Exercise objective:
Only the lines from the top of the data through the one with "values of internal/application/errors.go" are to be written out, each exactly as it stands.

Stored data entries

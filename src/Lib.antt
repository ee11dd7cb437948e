-- ===== src/Lib.antt =====
-- Aelora, a realtime chat backend in Go: REST and WebSocket APIs, PostgreSQL for rooms and messages,
-- Valkey for streams, presence and a cache.
--
-- Parts. A request reaches a use case of internal/application, which works on rooms and messages of
-- internal/domain through the interfaces of internal/ports. The adapters implement those interfaces.
--
-- Files, by the Go files that they model:
--   Prelude           names that all modules share; Go's string functions and integers
--   Domain            internal/domain, and the error values of internal/application/errors.go
--   Call              a Go method that may fail, over an explicit state; Call/Post has one rule for each
--                     way to compose such calls, which the proofs follow
--   Ports             internal/ports
--   Application       internal/application: CreateRoom, JoinRoom, ListMessages, SendMessage,
--                     SyncMessages (with the acknowledgement), Push and RoomId
--   RateLimit         internal/platform/ratelimit/fixed_window.go: calls one after another; Concurrent takes
--                     calls for one key that run at once by their atomic operations
--   Postgres          internal/adapters/outbound/postgres: room_repo.go (Rooms), message_repo.go
--                     (Messages) and outbox_repo.go (Outbox), over tables; Statement says what one
--                     statement and one transaction do, Messages/Once and Outbox/Later take the calls
--                     of a repository as steps, and Connect is pool.go
--   Relay             internal/workers/outbox_relay.go; Drain runs it over the outbox of Postgres
--   RoomCache         internal/adapters/outbound/roomcache/repository.go
--   WebSocket         internal/adapters/inbound/http/websocket.go: a client's queue, the answers, and
--                     the write pump as steps beside all that offers frames (Pump), and a connection
--                     beside the refresh of its presence (Connection)
--   Http              internal/adapters/inbound/http/response_helpers.go (Errors, Context), crud.go
--                     (Handlers), handler.go (Routes), request_logging.go (Logging), observability.go and
--                     audit.go (RequestLog), frontend_sidecar.go (Frontend)
--   Hub               internal/adapters/inbound/http/hub.go
--   Auth              internal/platform/auth/cognito.go: the pool's keys and the check of a token
--   Health            internal/platform/health/service.go
--   Valkey            internal/adapters/outbound/valkey: ack_repo.go and room_id_sequence.go (Acks),
--                     presence_repo.go (Presence), push_token_repo.go (PushTokens), room_repository.go
--                     (Rooms), stream_repo.go (Streams; Subscription takes the goroutine of a
--                     subscription as steps beside the hub), cached_repo.go (Breaker), client.go
--                     (Connect)
--   PushService       internal/adapters/outbound/push
--   Migrations        internal/platform/migrations/runner.go, over the server of Postgres
--   System            internal/adapters/outbound/system/id_clock.go
--   Telemetry         internal/platform/telemetry/telemetry.go: the counters and what they count, the
--                     page that shows them (Page), and setting up OpenTelemetry (Provider)
--   Config            internal/platform/config/config.go
--   Logger            internal/platform/logger/logger.go: the level of a logger
--   Server            cmd/server/main.go: the address for the frontend's proxy, the order of start-up
--                     and shutdown (Start), and the settings of the limiter (Limits)
--   Tests             an in-memory world, and the theorems at concrete inputs
--
-- How the code is read. A method that takes a context and returns an error is a call: from a state to
-- a result, which is a value or an error, and the state after it. The state is arbitrary in the use
-- cases, since what a port does to it is the adapter's affair; what a theorem needs of it is one of the
-- theorem's hypotheses. What a call has written before it fails stays written. A nil interface is an
-- empty option, an error value is a constructor of the type of errors, a map is an association list, a
-- set is a list without repetitions. Contexts and timeouts are left out, and so is logging but for what RequestLog says. Times count
-- nanoseconds from Go's zero time; a time before that would be the zero time itself.
--
-- Integers. Limits are integers of both signs. The room id generator computes in 64 and 32 bits, and
-- its wrap-around is written out, as is that of a key's exponent and of the bytes of a message id. Loops
-- are structural: on lists, on the six rounds of the obfuscation and on the width of a text of digits.
--
-- PostgreSQL is not part of the program: what a statement does to the tables is read off its text, and
-- which of the statements fail is a schedule that is arbitrary. Valkey is not part of it either: its
-- commands are the fields of Valkey.Client, and the theorems name what they need of them (HashLaws,
-- PresenceLaws). So are package jwt (Auth.Tokens.Verifies), the HTTP clients, and the circuit breaker.
--
-- How the parts meet. The records of Ports are the interfaces: a use case takes them as parameters, and
-- Postgres, RoomCache and the in-memory world of Tests fill them. WebSocket runs the use cases and
-- shows a client what Contract says of a sent message; Hub offers its frames to the clients of
-- WebSocket and runs Push for the members that are offline; Relay works on the outbox that SendMessage
-- fills. Http.Handlers runs the use cases and shows the report of Health, and Http.Routes puts the
-- validator of Auth in front of it; the repositories of Valkey fill the records of Ports for
-- acknowledgements, presence, push tokens, streams and the room cache.
--
-- Parameters for code that is not here: the digest behind a message's key, the JSON codecs, the base64
-- decoder, the orders by which texts and messages are sorted where the database sorts them, package jwt,
-- the HTTP clients, the clock and the random source of the ids, the directory of migrations and what
-- its statements do to the schema, the environment, the file system, floating-point numbers, the drivers
-- of the stores, and what echo answers of a request.
--
-- Fuel. Only the relay's loop runs for a number of ticks, which is a parameter: Relay.Drain says how many
-- are enough to empty an outbox.
--
-- Not modelled: Go's scheduler, and the interleaving of two requests but for the calls of the limiter;
-- the frameworks (echo, gorilla, pgx, valkey-go, zap, OpenTelemetry); handing the parts to one another at
-- start-up; the deadlines and pongs of a socket; the files of the frontend; which lines of the audit a
-- handler writes; a COMMIT of PostgreSQL that was carried out and whose answer was lost; the test support
-- of internal/testutil.
pub mod Prelude
pub mod Domain
pub mod Call
pub mod Ports
pub mod Application
pub mod RateLimit
pub mod Postgres
pub mod Relay
pub mod RoomCache
pub mod WebSocket
pub mod Hub
pub mod Auth
pub mod Health
pub mod Http
pub mod Valkey
pub mod PushService
pub mod Migrations
pub mod System
pub mod Telemetry
pub mod Config
pub mod Logger
pub mod Server
pub mod Tests
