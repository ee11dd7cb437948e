-- ===== src/Application.antt =====
-- internal/application: the use cases, each over the ports that it is built from.
pub mod CreateRoom
pub mod JoinRoom
pub mod ListMessages
pub mod SendMessage
pub mod SyncMessages
pub mod Push
pub mod RoomId
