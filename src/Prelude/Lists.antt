-- ===== src/Prelude/Lists.antt =====
-- Lists over the native numbers, sets of texts as lists, and maps as association lists.
use aelora.Prelude.Tests.{if◌then◌else◌}
use native.Mathlib.Omega.{arith}
use mathlib.Core.List.{◌++◌, ◌∷◌, [], List}
use mathlib.Core.Option.{some, none, Option}
use mathlib.Core.Bool.{◌||◌, false, true, Bool}
use mathlib.Core.Path.{refl, ◌≡◌}
use text.Mathlib.TextEquality.{eq_iff}
use text.Mathlib.Text.{◌==◌}
use Prim.Native.String.{String}
use Prim.Native.Nat.{suc, zero, ℕ, ◌+◌, ◌≤◌}

module _ {ℓ} {A : Type ℓ} where
  abbrev pub length : List A → ℕ
  length [] = 0
  length (x ∷ xs) = suc (length xs)

  abbrev pub is_nil : List A → Bool
  is_nil [] = true
  is_nil (x ∷ xs) = false

  abbrev pub take : ℕ → List A → List A
  take zero xs = []
  take (suc n) [] = []
  take (suc n) (x ∷ xs) = x ∷ take n xs

  pub length-append : (xs ys : List A) → length (xs ++ ys) ≡ length xs + length ys
  length-append [] ys = omega arith
  length-append (x ∷ xs) ys = omega (arith, length-append xs ys)

  pub length-take : (n : ℕ) (xs : List A) → length (take n xs) ≤ n
  length-take zero xs = omega arith
  length-take (suc n) [] = omega arith
  length-take (suc n) (x ∷ xs) = omega (arith, length-take n xs)

-- `_, ok := set[x]` on a set of texts.
abbrev pub contains : String → List String → Bool
contains a [] = false
contains a (x ∷ xs) = (x == a) || contains a xs

-- The length after an `append` of one element.
pub length-append_one {ℓ} :
    {A : Type ℓ} (xs : List A) (x : A) → length (xs ++ x ∷ []) ≡ length xs + 1
length-append_one [] x = refl
length-append_one (y ∷ ys) x = omega (arith, length-append_one ys x)

-- `set[x] = struct{}{}`
abbrev pub add : String → List String → List String
add a [] = a ∷ []
add a (x ∷ xs) = if x == a then x ∷ xs else x ∷ add a xs

pub contains-add :
    (a b : String) (xs : List String) → contains b (add a xs) ≡ (a == b) || contains b xs
contains-add a b [] = ground arith
contains-add a b (x ∷ xs) = ground (arith, contains-add a b xs, eq_iff x a, eq_iff x b, eq_iff a b)

pub contains-append :
    (a : String) (xs ys : List String) → contains a (xs ++ ys) ≡ contains a xs || contains a ys
contains-append a [] ys = ground arith
contains-append a (x ∷ xs) ys = ground (arith, contains-append a xs ys)

-- A Go map with text keys, as the list of its entries.
module _ {ℓ} {V : Type ℓ} where
  abbrev pub lookup : String → List (String × V) → Option V
  lookup key [] = none
  lookup key ((first, value) ∷ others) = if key == first then some value else lookup key others

  abbrev pub insert : String → V → List (String × V) → List (String × V)
  insert key new [] = (key, new) ∷ []
  insert key new ((first, old) ∷ others) =
      let later = insert key new others in
      if key == first then (first, new) ∷ others else (first, old) ∷ later

  abbrev pub delete : String → List (String × V) → List (String × V)
  delete key [] = []
  delete key ((first, value) ∷ others) =
      let later = delete key others in if key == first then later else (first, value) ∷ later

  pub lookup-insert :
      (asked key : String) (new : V) (entries : List (String × V))
      → lookup asked (insert key new entries)
        ≡ (if asked == key then some new else lookup asked entries)
  lookup-insert asked key new [] = refl
  lookup-insert asked key new ((first, old) ∷ others) = ground (
    arith,
    lookup-insert asked key new others,
    eq_iff asked first,
    eq_iff key first,
    eq_iff asked key,
  )

  pub lookup-delete :
      (asked key : String) (entries : List (String × V))
      → lookup asked (delete key entries) ≡ (if asked == key then none else lookup asked entries)
  lookup-delete asked key [] = ground arith
  lookup-delete asked key ((first, value) ∷ others) = ground (
    arith,
    lookup-delete asked key others,
    eq_iff asked first,
    eq_iff key first,
    eq_iff asked key,
  )

pub eq_nil_of_is_nil {ℓ} : {A : Type ℓ} (xs : List A) → is_nil xs ≡ true → xs ≡ []
eq_nil_of_is_nil [] h = refl
eq_nil_of_is_nil (x ∷ xs) h = cc
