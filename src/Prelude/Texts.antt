-- ===== src/Prelude/Texts.antt =====
-- The parts of Go's `strings` that the program calls.
use Prim.Native.Char.{Char, code}
use Prim.Native.Nat.{ℕ, zero, suc, Ordering}
use Prim.Native.String.{String, ◌++◌, compare}
use text.Mathlib.Text.{◌==◌}
use mathlib.Core.Bool.{Bool, true, false, ◌&&◌, ◌||◌}
use mathlib.Core.Option.{Option, none, some}
use mathlib.Core.List.{List, [], ◌∷◌}
use aelora.Prelude.Tests.{eqb, leb, if◌then◌else◌, is_some, or_else}

-- `unicode.IsSpace`
pub is_space : Char → Bool
is_space ch =
    let c = code ch in
    (leb 9 c && leb c 13)
    || eqb c 32
    || eqb c 0x85
    || eqb c 0xa0
    || eqb c 0x1680
    || (leb 0x2000 c && leb c 0x200a)
    || eqb c 0x2028
    || eqb c 0x2029
    || eqb c 0x202f
    || eqb c 0x205f
    || eqb c 0x3000

trim_left : String → String
trim_left String.[] = String.[]
trim_left (String.◌∷◌ c s) = let rest = trim_left s in if is_space c then rest else String.◌∷◌ c s

trim_right : String → String
trim_right String.[] = String.[]
trim_right (String.◌∷◌ c s) =
    let rest = trim_right s in if (rest == "") && is_space c then String.[] else String.◌∷◌ c rest

-- `strings.TrimSpace`
unfoldable pub trim_space : String → String
unfolding trim_left trim_right is_space
trim_space s = trim_left (trim_right s)

-- Go's `+` on strings.
abbrev pub concat : String → String → String
concat s t = s ++ t

-- What stands behind a prefix.
abbrev pub cut_prefix : String → String → Option String
cut_prefix String.[] s = some s
cut_prefix (String.◌∷◌ c p) String.[] = none
cut_prefix (String.◌∷◌ c p) (String.◌∷◌ d s) =
    let rest = cut_prefix p s in if eqb (code c) (code d) then rest else none

-- `strings.HasPrefix(s, prefix)`
abbrev pub has_prefix : String → String → Bool
has_prefix s prefix = is_some (cut_prefix prefix s)

-- `strings.TrimPrefix(s, prefix)`
abbrev pub trim_prefix : String → String → String
trim_prefix s prefix = or_else (cut_prefix prefix s) s

-- A character put before the first text of a list.
abbrev onto_first : Char → List String → List String
onto_first c [] = String.◌∷◌ c String.[] ∷ []
onto_first c (first ∷ rest) = String.◌∷◌ c first ∷ rest

-- `strings.Split(s, sep)` at a one-character separator.
abbrev pub split : Char → String → List String
split sep String.[] = String.[] ∷ []
split sep (String.◌∷◌ c s) =
    let rest = split sep s in
    if eqb (code c) (code sep) then String.[] ∷ rest else onto_first c rest

-- `strings.Join(texts, sep)`
abbrev pub join : String → List String → String
join sep [] = ""
join sep (first ∷ []) = first
join sep (first ∷ second ∷ rest) = let later = join sep (second ∷ rest) in first ++ (sep ++ later)

-- Go's order of strings, and `sort.Strings`.
abbrev pub text_leb : String → String → Bool
text_leb s t = elim (compare s t) [ Ordering.gt ↦ false | _ ↦ true ]

abbrev insert_text : String → List String → List String
insert_text s [] = s ∷ []
insert_text s (t ∷ rest) =
    let later = insert_text s rest in if text_leb s t then s ∷ t ∷ rest else t ∷ later

abbrev pub sort_texts : List String → List String
sort_texts [] = []
sort_texts (s ∷ rest) = insert_text s (sort_texts rest)

-- `s[i]` of a text of one-byte characters; a zero where it has no such character.
abbrev pub char_at : String → ℕ → Char
char_at String.[] i = "0"
char_at (String.◌∷◌ c s) zero = c
char_at (String.◌∷◌ c s) (suc i) = char_at s i
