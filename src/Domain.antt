-- ===== src/Domain.antt =====
-- internal/domain and internal/application/errors.go: rooms, messages, and the error values.
pub mod Laws
use aelora.Prelude.{
  ℕ, String, len, ◌==◌, Bool, true, ◌||◌, List, [], ◌∷◌, ltb, is_nil, contains, add, trim_space,
  if◌then◌else◌,
}

-- The `*AppError` values of errors.go.
pub data AppError : Type 0 where
  duplicate_message rate_limited room_access_denied reply_target invalid_push_token : AppError
  user_already_exists invalid_ack : AppError

-- An `error`: an `*AppError`, a sentinel of package domain, the sentinels of package auth, or
-- whatever a dependency returned, which wraps none of those.
pub data Error : Type 0 where
  app : AppError → Error
  invalid_room room_not_found room_already_exists : Error
  invalid_message duplicate_client_message : Error
  unauthorized : Error
  other : String → Error

pub data Result (A : Type 0) : Type 0 where
  ok : A → Result A
  err : Error → Result A

pub record Room : Type 0 where
  pub id : String
  pub members : List String

-- `created_at` counts nanoseconds from Go's zero time.
pub record Message : Type 0 where
  pub id : String
  pub client_msg_id : String
  pub room_id : String
  pub sender_id : String
  pub content : String
  pub reply_to_id : String
  pub created_at : ℕ

-- The loop of `NewRoom`: `set` holds the members so far.
collect : List String → List String → Result (List String)
collect set [] = ok set
collect set (member ∷ rest) =
    if member == "" then err invalid_room else collect (add member set) rest

unfoldable pub new_room : String → List String → Result Room
unfolding collect
new_room id members = if id == "" then err invalid_room else elim (collect [] members) [
  | err e ↦ err e
  | ok set ↦ if is_nil set then err invalid_room else ok (record { id = id; members = set })
]

unfoldable pub has_member : Room → String → Bool
has_member r user_id = contains user_id r.members

abbrev pub max_content : ℕ
max_content = 4000

unfoldable pub validate : Message → Result (Unit {0})
validate m =
    if (m.room_id == "") || (m.sender_id == "") || (m.client_msg_id == "")
    then err invalid_message
    else if trim_space m.content == ""
    then err invalid_message
    else if ltb max_content (len m.content)
    then err invalid_message
    else ok tt
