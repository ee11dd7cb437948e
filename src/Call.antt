-- ===== src/Call.antt =====
-- Calls that change a shared state and may fail. What was written before a failure stays written,
-- so the state comes back beside the error too.
pub mod Post
use aelora.Prelude.{Option, none, some}
use aelora.Domain.{Error, Result, ok, err}

abbrev pub Call : Type 0 → Type 0 → Type 0
Call S A = S → Result A × S

module _ {S A : Type 0} where
  abbrev pub pure : A → Call S A
  pure a s = (ok a, s)

  abbrev pub fail : Error → Call S A
  fail e s = (err e, s)

  unfoldable pub lift : Result A → Call S A
  lift r s = (r, s)

  -- A call that cannot fail.
  unfoldable pub run : (S → A × S) → Call S A
  run f s = let (a, s') = f s in (ok a, s')

-- A look at the state.
unfoldable pub read : {S A : Type 0} → (S → A) → Call S A
read f s = (ok (f s), s)

unfoldable pub modify : {S : Type 0} → (S → S) → Call S (Unit {0})
modify f s = (ok tt, f s)

module _ {S A B : Type 0} where
  abbrev pub next : (Error → Call S B) → (A → Call S B) → Result A → Call S B
  next on_err on_ok (ok a) = on_ok a
  next on_err on_ok (err e) = on_err e

  -- Code that looks at the error of a call: `if err != nil { … }`.
  abbrev pub handle : Call S A → (Error → Call S B) → (A → Call S B) → Call S B
  handle m on_err on_ok s = let (r, s') = m s in next on_err on_ok r s'

  -- Code that runs only with an optional part: `if x != nil { … }`.
  abbrev pub given : Option A → Call S B → (A → Call S B) → Call S B
  given none absent present = absent
  given (some a) absent present = present a

  infixl 5 ◌>>=◌ ◌>>◌
  abbrev pub ◌>>=◌ : Call S A → (A → Call S B) → Call S B
  ◌>>=◌ m f = handle m fail f

  abbrev pub ◌>>◌ : Call S A → Call S B → Call S B
  m >> k = m >>= λ _. k

-- A call that leaves `P` standing, however it ends.
abbrev pub Keeps : {S A : Type 0} → (S → Type 0) → Call S A → Type 0
Keeps P m = (s : _) → P s → P (m s).1
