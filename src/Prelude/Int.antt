-- ===== src/Prelude/Int.antt =====
-- Go's signed `int`, for the arguments that may be negative.
use Prim.Native.Nat.{ℕ}
use mathlib.Core.Bool.{Bool, true}
use aelora.Prelude.Tests.{eqb}

-- `negsuc n` is -(n + 1).
pub data ℤ : Type 0 where
  pos : ℕ → ℤ
  negsuc : ℕ → ℤ

-- `v <= 0`
abbrev pub is_nonpos : ℤ → Bool
is_nonpos (pos n) = eqb n 0
is_nonpos (negsuc n) = true

-- The value of an integer that is at least 0.
abbrev pub to_nat : ℤ → ℕ
to_nat (pos n) = n
to_nat (negsuc n) = 0
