-- ===== src/Ports.antt =====
-- internal/ports, and the two interfaces of internal/application: what the use cases call, as
-- records of calls over an arbitrary state `S`.
use aelora.Prelude.{ℕ, String, Bool, Option, List}
use aelora.Prelude.Int.{ℤ}
use aelora.Domain.{Room, Message}
use aelora.Call.{Call}

abbrev pub platform_android : String
platform_android = "android"

abbrev pub platform_ios : String
platform_ios = "ios"

pub record PushToken : Type 0 where
  pub user_id : String
  pub device_id : String
  pub platform : String
  pub token : String

pub record StreamMessage : Type 0 where
  pub stream_id : String
  pub room_id : String
  pub message : Message

pub record OutboxMessage : Type 0 where
  pub message : Message
  pub stream_appended : Bool

module _ (S : Type 0) where
  pub record AckRepository : Type 0 where
    pub set_last_ack : String → String → String → String → Call S (Unit {0})
    pub get_last_ack : String → String → String → Call S String

  pub record PresenceRepository : Type 0 where
    pub set_online : String → String → Call S (Unit {0})
    pub set_offline : String → String → Call S (Unit {0})
    pub is_online : String → Call S Bool

  pub record PushTokenRepository : Type 0 where
    pub upsert : PushToken → Call S (Unit {0})
    pub delete : String → String → Call S (Unit {0})
    pub list_by_user : String → Call S (List PushToken)

  pub record PushNotifier : Type 0 where
    pub notify_message : PushToken → Message → Call S (Unit {0})

  -- `get_by_ids` returns a map from message ids.
  pub record MessageRepository : Type 0 where
    pub save : Message → Call S (Unit {0})
    pub exists_by_client_msg_id : String → String → Call S Bool
    pub list_by_room : String → ℕ → ℤ → Call S (List Message)
    pub get_by_ids : String → List String → Call S (List (String × Message))

  pub record MessageOutboxRepository : Type 0 where
    pub enqueue : Message → Bool → Call S (Unit {0})
    pub list_pending : ℤ → Call S (List OutboxMessage)
    pub claim_pending : String → ℤ → ℤ → Call S (List OutboxMessage)
    pub mark_stream_appended : String → Call S (Unit {0})
    pub mark_dispatched : String → Call S (Unit {0})
    pub release_claim : String → String → Call S (Unit {0})

  -- The last two are `roomRoleReader` and `roomRoleWriter`: `none` where the type assertion on the
  -- repository fails.
  pub record RoomRepository : Type 0 where
    pub get : String → Call S Room
    pub create : Room → Call S (Unit {0})
    pub add_member : String → String → Call S (Unit {0})
    pub list_members : String → Call S (List String)
    pub get_member_role : Option (String → String → Call S String)
    pub set_member_role : Option (String → String → String → Call S (Unit {0}))

  pub record RoomIdGenerator : Type 0 where
    pub new : Call S String

  pub record RoomIdSequence : Type 0 where
    pub next : Call S ℕ

  pub record IdGenerator : Type 0 where
    pub new : S → String × S

  pub record Clock : Type 0 where
    pub now : S → ℕ × S

  pub record StreamRepository : Type 0 where
    pub append_message : String → Message → Call S String
    pub read_from : String → String → ℤ → Call S (List StreamMessage)

  -- Only the publishing half: the subscription's channel is a list of messages in the hub.
  pub record EventBus : Type 0 where
    pub publish_message_created : Message → Call S (Unit {0})

  pub record MessageRateLimiter : Type 0 where
    pub allow : String → S → Bool × S
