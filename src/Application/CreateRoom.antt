-- ===== src/Application/CreateRoom.antt =====
-- internal/application/create_room.go
pub mod Laws
use aelora.Prelude.{String, none, some, List, ◌∷◌}
use aelora.Domain.{Room, new_room}
use aelora.Call.{Call, pure, lift, given, ◌>>=◌, ◌>>◌}
use aelora.Ports.{RoomRepository, RoomIdGenerator}

pub record CreateRoomCommand : Type 0 where
  pub creator : String
  pub member_ids : List String

pub record CreateRoomUseCase (S : Type 0) : Type 0 where
  pub rooms : RoomRepository S
  pub ids : RoomIdGenerator S

module _ {S : Type 0} where
  -- The repository may not be a `roomRoleWriter`.
  set_owner : RoomRepository S → String → String → Call S (Unit {0})
  set_owner rooms room_id creator =
      given rooms.set_member_role (pure tt) (λ set. set room_id creator "owner")

  unfoldable pub execute : CreateRoomUseCase S → CreateRoomCommand → Call S Room
  unfolding set_owner
  execute u cmd = do
    room_id ← u.ids.new
    room ← lift (new_room room_id (cmd.creator ∷ cmd.member_ids))
    u.rooms.create room
    set_owner u.rooms room.id cmd.creator
    pure room
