-- ===== src/Domain/Laws.antt =====
-- What `NewRoom` and `Message.Validate` accept.
use aelora.Prelude.{
  ◌≤◌, ◌≡◌, ◌≢◌, ◌↔◌, refl, String, len, eq_iff, false, ◌||◌, List, [], ◌∷◌, arith, contains,
  contains-add, add, trim_space,
}
use aelora.Domain.{Room, Message, ok, collect, new_room, has_member, validate, max_content}

-- What a message must be to pass.
pub record IsSendable (m : Message) : Type 0 where
  pub room : m.room_id ≢ ""
  pub sender : m.sender_id ≢ ""
  pub client : m.client_msg_id ≢ ""
  pub visible : trim_space m.content ≢ ""
  pub short : len m.content ≤ max_content

-- Validation passes exactly the messages that name their room, sender and client id, and whose
-- content is not blank and has at most 4000 bytes.
pub validate_iff : (m : Message) → (validate m ≡ ok tt) ↔ IsSendable m
unfolding validate
validate_iff m = ground (
  arith,
  eq_iff m.room_id "",
  eq_iff m.sender_id "",
  eq_iff m.client_msg_id "",
  eq_iff (trim_space m.content) "",
)

-- What the member loop of `NewRoom` collects: it fails at an empty name, and else keeps exactly
-- the names that it has met.
collect-contains :
    (set members out : List String) (u : String)
    → collect set members ≡ ok out
    → contains u out ≡ contains u set || contains u members
unfolding collect
collect-contains set [] out u h = ground arith
collect-contains set (m ∷ rest) out u h =
    ground (arith, collect-contains (add m set) rest out u, contains-add m u set)

collect-no-empty :
    (set members out : List String) → collect set members ≡ ok out → contains "" members ≡ false
unfolding collect
collect-no-empty set [] out h = refl
collect-no-empty set (m ∷ rest) out h = ground (arith, collect-no-empty (add m set) rest out)

-- A room that `NewRoom` builds has the id that it was given, which is not empty, at least one
-- member, exactly the listed users as members, and the empty name is not one of them.
pub new_room-members :
    (id : String) (members : List String) (room : Room) (u : String)
    → new_room id members ≡ ok room
    → (room.id ≡ id)
      × (id ≢ "")
      × (has_member room u ≡ contains u members)
      × (contains "" members ≡ false)
      × (room.members ≢ [])
unfolding new_room has_member
new_room-members id members room u h = ground (
  arith,
  eq_iff id "",
  collect-contains [] members room.members u,
  collect-no-empty [] members room.members,
)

Exercise answer:
filename src/Lib.antt
repository ee11dd7cb437948e
-- ===== src/Lib.antt =====
-- Aelora, a realtime chat backend in Go: REST and WebSocket APIs, PostgreSQL for rooms and messages,
-- Valkey for streams, presence and a cache.
--
-- Parts. A request reaches a use case of internal/application, which works on rooms and messages of
-- internal/domain through the interfaces of internal/ports. The adapters implement those interfaces.
--
-- Files, by the Go files that they model:
--   Prelude           names that all modules share; Go's string functions and integers
--   Domain            internal/domain, and the error values of internal/application/errors.go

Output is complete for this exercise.